The Type 98 50 mm mortar was a Japanese smooth-bore, muzzle-loading weapon of the mid 20th century. The Type 98 designation was given to this weapon because it was accepted in the year 2598 of the Japanese calendar (1938)

The Type 98 was used by Imperial Japanese Army engineers to destroy obstacles via a spigot bomb or bangalore torpedo. Given its specialized role, productions seems to have been limited, lasting from 1939 to 1940.

==Design==
The Type 98 50 mm mortar could be identified by the rectangular, sectionalized base plate, the fixed position of the bipod, the V slots painted white and located at 12 o'clock on both the barrel collar, and the projection of the muzzle hoop and the marking on the outside of the container in which the weapon is packed. (This marking, which read "Kyuhachi Shiki Totekiki" from right to left, meant "98 Type discharger.")

The propelling charge consisted of black-powder increments packed in small silk bags.
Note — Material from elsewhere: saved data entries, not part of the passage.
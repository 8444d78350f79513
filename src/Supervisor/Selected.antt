-- ===== src/Supervisor/Selected.antt =====
-- Which repositories the filters select.
use loony_dev.Supervisor.Patterns.{MatchesAny, matches_any-MatchesAny, MatchesAny-matches_any}
use loony_dev.Prelude.{
  true, sym, ◌⊎◌, ◌↔◌, refl, inr, ap, inl, ◌∙◌, is_nonempty, arith, text_eq, Bool-cases, not, ◌&&◌,
  ◌||◌, ◌&&◌, keep, ◌≡◌, mem_text, List, Bool, Text, text_eq_iff, [], ◌∷◌,
}
use loony_dev.Supervisor.Filters.{matches_any, keep_included, drop_excluded, filter_repos}

-- A test that is kept under equal texts, on the members of a list.
mem_text-keep :
    (p : Text → Bool) (r : Text) (repos : List Text)
    → mem_text r (keep p repos) ≡ (mem_text r repos && p r)
unfolding mem_text
mem_text-keep p r [] = refl
mem_text-keep p r (x ∷ repos) = elim (Bool-cases (text_eq x r)) [
  | inl e ↦
      let same : x ≡ r = (text_eq_iff x r).0 e in
      let at : p x ≡ p r = ap p same in ground (arith, mem_text-keep p r repos)
  | inr e ↦ ground (arith, mem_text-keep p r repos)
]

module _ (fnmatch : Text → Text → Bool) where
  mem_text-keep_included :
      (include : List Text) (r : Text) (repos : List Text)
      → mem_text r (keep_included fnmatch include repos)
        ≡ (mem_text r repos && (not (is_nonempty include) || matches_any fnmatch include r))
  unfolding keep_included
  mem_text-keep_included [] r repos = ground arith
  mem_text-keep_included (p ∷ ps) r repos = mem_text-keep (matches_any fnmatch (p ∷ ps)) r repos

  mem_text-drop_excluded :
      (exclude : List Text) (r : Text) (repos : List Text)
      → mem_text r (drop_excluded fnmatch exclude repos)
        ≡ (mem_text r repos && not (matches_any fnmatch exclude r))
  unfolding drop_excluded matches_any
  mem_text-drop_excluded [] r repos = ground arith
  mem_text-drop_excluded (p ∷ ps) r repos =
      mem_text-keep (λ s. not (matches_any fnmatch (p ∷ ps) s)) r repos

  mem_text-filter_repos :
      (repos include exclude : List Text) (r : Text)
      → mem_text r (filter_repos fnmatch repos include exclude) ≡ (
          (mem_text r repos && (not (is_nonempty include) || matches_any fnmatch include r))
          && not (matches_any fnmatch exclude r))
  unfolding filter_repos
  mem_text-filter_repos repos include exclude r =
      mem_text-drop_excluded exclude r (keep_included fnmatch include repos)
      ∙ ap (λ b. b && not (matches_any fnmatch exclude r)) (mem_text-keep_included include r repos)

  -- A repository that the patterns select.
  pub record IsSelected (repos include exclude : List Text) (r : Text) : Type 0 where
    pub listed : mem_text r repos ≡ true
    pub included : (include ≡ []) ⊎ MatchesAny fnmatch include r
    pub not_excluded : ¬ MatchesAny fnmatch exclude r

  inclusion :
      (include : List Text) (r : Text)
      → (not (is_nonempty include) || matches_any fnmatch include r) ≡ true
      → (include ≡ []) ⊎ MatchesAny fnmatch include r
  inclusion [] r h = inl refl
  inclusion (p ∷ ps) r h = inr (matches_any-MatchesAny fnmatch (p ∷ ps) r h)

  included_test :
      (include : List Text) (r : Text)
      → (include ≡ []) ⊎ MatchesAny fnmatch include r
      → (not (is_nonempty include) || matches_any fnmatch include r) ≡ true
  included_test include r (inl e) = rw e refl
  included_test include r (inr m) =
      let found = MatchesAny-matches_any fnmatch include r m in ground (arith, found)

  -- A repository is among the selected ones exactly if it is one of those given, an include pattern
  -- matches it or there is none, and no exclude pattern matches it. A pattern with a slash matches
  -- by its glob the whole of a repository, any other the part behind the first slash.
  pub filter_repos-IsSelected :
      (repos include exclude : List Text) (r : Text)
      → (mem_text r (filter_repos fnmatch repos include exclude) ≡ true)
        ↔ IsSelected repos include exclude r
  filter_repos-IsSelected repos include exclude r = (
    λ h.
        let all = sym (mem_text-filter_repos repos include exclude r) ∙ h in
        record {
          listed = ground (arith, all);
          included = inclusion include r (ground (arith, all));
          not_excluded = λ m.
              let found = MatchesAny-matches_any fnmatch exclude r m in ground (arith, all, found);
        },
    λ s.
        let included = included_test include r s.included in
        mem_text-filter_repos repos include exclude r
        ∙ (elim (Bool-cases (matches_any fnmatch exclude r)) [
          | inl e ↦ absurd (s.not_excluded (matches_any-MatchesAny fnmatch exclude r e))
          | inr e ↦ ground (arith, s.listed, included, e)
        ]),
  )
Each increment was approximately 3.75 inches long and 1.25 inches in diameter. A pull-type friction primer, 0.88 inch in length, equipped with a loop lanyard, was designed to fit into the primer seat, or touch hole.

The mortar consisted of three main parts: the base plate, the bipod, and the barrel. It had a fixed elevation of about 40 degrees. Limited provision was made for traverse. At the base of the tube was an offset primer seat. Two links, one on each side, extended from the barrel collar. A range slide, graduated from 0 to 60, could be clamped to the muzzle of the mortar.

==Firing procedure==
To use the weapon, the loader would first insert one or more powder increments in the muzzle, then place the stick of the stick bomb in the tube. To aim, the graduated range slide would be adjusted to the desired distance, which regulated the length of the stick extending into the barrel of the mortar – the more the stick extended into the barrel, the greater the range. (This is similar to aiming the older Type 89 50mm grenade discharger.) To traverse, the mortarman would loosen the two wing nuts that secured the bipod and swing the bipod feet around the area in front of the base plate.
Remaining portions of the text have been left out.